_The task_. Copy each line below without leaving any out.

_Material provided_.
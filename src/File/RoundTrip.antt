-- ===== src/File/RoundTrip.antt =====
-- Writing to a file, seeking back and reading: `write`, `lseek` and `read` of src/file.cpp one after
-- the other.
use pposix.Base.{
  ℕ, ℤ, zero, suc, pos, ◌≤◌, ◌<◌, ◌≡◌, refl, sym, ◌∙◌, ap, ap₂, List, [], ◌∷◌, ◌++◌, length, take,
  drop, arith,
}
use pposix.Call.{common_result_call, common_result_call_lem}
use pposix.Descriptor.{raw}
use pposix.Errno.{World, Sys, ◌>>=◌, pure}
use pposix.File.{File, SeekMacro, seek_set, set, file_seek, write, lseek, read}
use pposix.FileDescriptor.{Unistd, raw_fd_t}
use pposix.Result.{Result, ok}
use pposix.Span.Bytes.{ByteSpan, ByteCspan}

-- The content of a file after `new` was written at an offset; a gap before it is filled with zeros.
abbrev pub overwrite : ℕ → List ℕ → List ℕ → List ℕ
overwrite zero new old = new ++ drop (length new) old
overwrite (suc o) new [] = 0 ∷ overwrite o new []
overwrite (suc o) new (b ∷ old) = b ∷ overwrite o new old

drop-overwrite :
    (o : ℕ) (new old : List ℕ) → (rest : List ℕ) × (drop o (overwrite o new old) ≡ new ++ rest)
drop-overwrite zero new old = (drop (length new) old, refl)
drop-overwrite (suc o) new [] = drop-overwrite o new []
drop-overwrite (suc o) new (b ∷ old) = drop-overwrite o new old

take-take : (new rest : List ℕ) (k : ℕ) → take (length new) (take k (new ++ rest)) ≡ take k new
take-take [] rest zero = refl
take-take [] rest (suc k) = refl
take-take (b ∷ new) rest zero = refl
take-take (b ∷ new) rest (suc k) = ap (◌∷◌ b) (take-take new rest k)

length-++ : (new rest : List ℕ) → length new ≤ length (new ++ rest)
length-++ [] rest = omega arith
length-++ (b ∷ new) rest = omega (arith, length-++ new rest)

-- What <unistd.h> says of a regular file `fd` that can be read and written and that no signal and no
-- full device disturbs: a call may still move fewer bytes than it is asked to.
pub record KeepsContent {K : Type 0} (os : Unistd K) (seeks : SeekMacro → ℤ) (fd : ℤ) : Type 0 where
  pub content : K → List ℕ
  pub offset : K → ℕ
  -- The bytes that the process has at an address.
  pub bytes : K → (address count : ℕ) → List ℕ
  pub length-bytes : (k : K) (address count : ℕ) → length (bytes k address count) ≡ count
  pub write :
      (address count : ℕ) (w : World K)
      → 0 < count
      → let r = os.write fd address count w in
        (n : ℕ) × (0 < n)
        × (n ≤ count)
        × (r.0 ≡ pos n)
        × (content r.1.kernel
            ≡ overwrite (offset w.kernel) (bytes w.kernel address n) (content w.kernel))
  pub seek :
      (to : ℕ) (w : World K)
      → let r = os.lseek fd (pos to) (seeks seek_set) w in
        (r.0 ≡ pos to) × (offset r.1.kernel ≡ to) × (content r.1.kernel ≡ content w.kernel)
  pub read :
      (address count : ℕ) (w : World K)
      → 0 < count
      → let r = os.read fd address count w in
        let left = drop (offset w.kernel) (content w.kernel) in
        (k : ℕ) × (k ≤ count)
        × (k ≤ length left)
        × (0 < length left → 0 < k)
        × (r.0 ≡ pos k)
        × (bytes r.1.kernel address k ≡ take k left)

module _ {K : Type 0} (os : Unistd K) (seeks : SeekMacro → ℤ) where
  -- The bytes of `source` are written, and what was written from `start` on is read into `target`.
  unfoldable pub write_and_read :
      File → ByteCspan → ℤ → ByteSpan → Sys K (Result ℤ × Result ℤ × Result ℤ)
  unfolding write lseek read
  write_and_read f source start target = do
    written ← write os f source
    sought ← lseek os seeks f start set
    got ← read os f target
    pure (written, sought, got)

  succeeds :
      (call : Sys K ℤ) (w : World K) (n : ℕ)
      → (call w).0 ≡ pos n
      → common_result_call call w ≡ (ok (pos n), (call w).1)
  succeeds call w n e = common_result_call_lem call w ∙ rw e refl

  module _ (f : File) (kept : KeepsContent os seeks (raw_fd_t (raw f.fd_))) where
    open kept use {content, offset, bytes, length-bytes}

    -- With a kernel that keeps the content of the file as `KeepsContent` says: when some bytes are
    -- written to it, the offset is set back to where it was, and it is
    -- read into a buffer with room for some bytes, every call succeeds: a number of bytes above 0 and
    -- not above those asked for is written, the new offset is the old one, and a number of bytes above
    -- 0 and not above the room is read. What is read agrees with what was written for as long as both
    -- are.
    pub write_and_read_lem :
        (source : ByteCspan) (target : ByteSpan) (w : World K)
        → 0 < source.length_
        → 0 < target.length_
        → let start = offset w.kernel in
          let r = write_and_read f source (pos start) target w in
          (n : ℕ) × (k : ℕ) × (0 < n)
          × (n ≤ source.length_)
          × (0 < k)
          × (k ≤ target.length_)
          × (r.0 ≡ (ok (pos n), ok (pos start), ok (pos k)))
          × (take n (bytes r.1.kernel target.buffer_ k) ≡ take k (bytes w.kernel source.buffer_ n))
    unfolding write_and_read write lseek read file_seek
    write_and_read_lem source target w some_source some_target =
        let fd = raw_fd_t (raw f.fd_) in
        let start = offset w.kernel in
        let (n, some, fits, wrote, changed) =
          kept.write source.buffer_ source.length_ w some_source in
        let w1 = (os.write fd source.buffer_ source.length_ w).1 in
        let (at, moved, same) = kept.seek start w1 in
        let w2 = (os.lseek fd (pos start) (seeks seek_set) w1).1 in
        let (k, fewer, there, more, got, seen) =
          kept.read target.buffer_ target.length_ w2 some_target in
        let new = bytes w.kernel source.buffer_ n in
        let (rest, split) = drop-overwrite start new (content w.kernel) in
        let left = ap₂ drop moved (same ∙ changed) ∙ split in
        let step1 = succeeds (os.write fd source.buffer_ source.length_) w n wrote in
        let step2 = succeeds (os.lseek fd (pos start) (seeks seek_set)) w1 start at in
        let step3 = succeeds (os.read fd target.buffer_ target.length_) w2 k got in
        let size = length-bytes w.kernel source.buffer_ n in
        (
          n,
          k,
          some,
          fits,
          more (rw left (omega (arith, size, length-++ new rest))),
          fewer,
          rw (step1, step2, step3) refl,
          rw (step1, step2, step3, seen, left)
              (ap (λ c. take c (take k (new ++ rest))) (sym size) ∙ take-take new rest k),
        )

_Completed task_.
filename src/File/RoundTrip.antt
-- ===== src/File/RoundTrip.antt =====
-- Writing to a file, seeking back and reading: `write`, `lseek` and `read` of src/file.cpp one after
-- the other.
use pposix.Base.{
  ℕ, ℤ, zero, suc, pos, ◌≤◌, ◌<◌, ◌≡◌, refl, sym, ◌∙◌, ap, ap₂, List, [], ◌∷◌, ◌++◌, length, take,
  drop, arith,
}
use pposix.Call.{common_result_call, common_result_call_lem}
use pposix.Descriptor.{raw}
use pposix.Errno.{World, Sys, ◌>>=◌, pure}
use pposix.File.{File, SeekMacro, seek_set, set, file_seek, write, lseek, read}
use pposix.FileDescriptor.{Unistd, raw_fd_t}
use pposix.Result.{Result, ok}
use pposix.Span.Bytes.{ByteSpan, ByteCspan}

-- The content of a file after `new` was written at an offset; a gap before it is filled with zeros.
abbrev pub overwrite : ℕ → List ℕ → List ℕ → List ℕ
overwrite zero new old = new ++ drop (length new) old
overwrite (suc o) new [] = 0 ∷ overwrite o new []
overwrite (suc o) new (b ∷ old) = b ∷ overwrite o new old

drop-overwrite :
    (o : ℕ) (new old : List ℕ) → (rest : List ℕ) × (drop o (overwrite o new old) ≡ new ++ rest)
drop-overwrite zero new old = (drop (length new) old, refl)
drop-overwrite (suc o) new [] = drop-overwrite o new []
drop-overwrite (suc o) new (b ∷ old) = drop-overwrite o new old

take-take : (new rest : List ℕ) (k : ℕ) → take (length new) (take k (new ++ rest)) ≡ take k new
take-take [] rest zero = refl
take-take [] rest (suc k) = refl
take-take (b ∷ new) rest zero = refl
take-take (b ∷ new) rest (suc k) = ap (◌∷◌ b) (take-take new rest k)

length-++ : (new rest : List ℕ) → length new ≤ length (new ++ rest)
length-++ [] rest = omega arith
length-++ (b ∷ new) rest = omega (arith, length-++ new rest)

-- What <unistd.h> says of a regular file `fd` that can be read and written and that no signal and no
-- full device disturbs: a call may still move fewer bytes than it is asked to.
pub record KeepsContent {K : Type 0} (os : Unistd K) (seeks : SeekMacro → ℤ) (fd : ℤ) : Type 0 where
  pub content : K → List ℕ
  pub offset : K → ℕ
  -- The bytes that the process has at an address.
  pub bytes : K → (address count : ℕ) → List ℕ
  pub length-bytes : (k : K) (address count : ℕ) → length (bytes k address count) ≡ count
  pub write :
      (address count : ℕ) (w : World K)
      → 0 < count
      → let r = os.write fd address count w in
        (n : ℕ) × (0 < n)
        × (n ≤ count)
        × (r.0 ≡ pos n)
        × (content r.1.kernel
            ≡ overwrite (offset w.kernel) (bytes w.kernel address n) (content w.kernel))
  pub seek :
      (to : ℕ) (w : World K)
      → let r = os.lseek fd (pos to) (seeks seek_set) w in
        (r.0 ≡ pos to) × (offset r.1.kernel ≡ to) × (content r.1.kernel ≡ content w.kernel)
  pub read :
      (address count : ℕ) (w : World K)
      → 0 < count
      → let r = os.read fd address count w in
        let left = drop (offset w.kernel) (content w.kernel) in
        (k : ℕ) × (k ≤ count)
        × (k ≤ length left)
        × (0 < length left → 0 < k)
        × (r.0 ≡ pos k)
        × (bytes r.1.kernel address k ≡ take k left)

module _ {K : Type 0} (os : Unistd K) (seeks : SeekMacro → ℤ) where
  -- The bytes of `source` are written, and what was written from `start` on is read into `target`.
  unfoldable pub write_and_read :
      File → ByteCspan → ℤ → ByteSpan → Sys K (Result ℤ × Result ℤ × Result ℤ)
  unfolding write lseek read
  write_and_read f source start target = do
    written ← write os f source
    sought ← lseek os seeks f start set
    got ← read os f target
    pure (written, sought, got)

  succeeds :
      (call : Sys K ℤ) (w : World K) (n : ℕ)
      → (call w).0 ≡ pos n
      → common_result_call call w ≡ (ok (pos n), (call w).1)
  succeeds call w n e = common_result_call_lem call w ∙ rw e refl

  module _ (f : File) (kept : KeepsContent os seeks (raw_fd_t (raw f.fd_))) where
    open kept use {content, offset, bytes, length-bytes}

    -- With a kernel that keeps the content of the file as `KeepsContent` says: when some bytes are
    -- written to it, the offset is set back to where it was, and it is
    -- read into a buffer with room for some bytes, every call succeeds: a number of bytes above 0 and
    -- not above those asked for is written, the new offset is the old one, and a number of bytes above
    -- 0 and not above the room is read. What is read agrees with what was written for as long as both
    -- are.
    pub write_and_read_lem :
        (source : ByteCspan) (target : ByteSpan) (w : World K)
        → 0 < source.length_
        → 0 < target.length_
        → let start = offset w.kernel in
          let r = write_and_read f source (pos start) target w in
          (n : ℕ) × (k : ℕ) × (0 < n)
          × (n ≤ source.length_)
          × (0 < k)
          × (k ≤ target.length_)
          × (r.0 ≡ (ok (pos n), ok (pos start), ok (pos k)))
          × (take n (bytes r.1.kernel target.buffer_ k) ≡ take k (bytes w.kernel source.buffer_ n))
    unfolding write_and_read write lseek read file_seek
    write_and_read_lem source target w some_source some_target =
        let fd = raw_fd_t (raw f.fd_) in
        let start = offset w.kernel in
        let (n, some, fits, wrote, changed) =
          kept.write source.buffer_ source.length_ w some_source in
        let w1 = (os.write fd source.buffer_ source.length_ w).1 in
        let (at, moved, same) = kept.seek start w1 in
        let w2 = (os.lseek fd (pos start) (seeks seek_set) w1).1 in
        let (k, fewer, there, more, got, seen) =
          kept.read target.buffer_ target.length_ w2 some_target in
        let new = bytes w.kernel source.buffer_ n in
        let (rest, split) = drop-overwrite start new (content w.kernel) in
        let left = ap₂ drop moved (same ∙ changed) ∙ split in
        let step1 = succeeds (os.write fd source.buffer_ source.length_) w n wrote in
        let step2 = succeeds (os.lseek fd (pos start) (seeks seek_set)) w1 start at in
        let step3 = succeeds (os.read fd target.buffer_ target.length_) w2 k got in
        let size = length-bytes w.kernel source.buffer_ n in
        (
          n,
          k,
          some,
          fits,
          more (rw left (omega (arith, size, length-++ new rest))),
          fewer,
          rw (step1, step2, step3) refl,
          rw (step1, step2, step3, seen, left)
              (ap (λ c. take c (take k (new ++ rest))) (sym size) ∙ take-take new rest k),
        )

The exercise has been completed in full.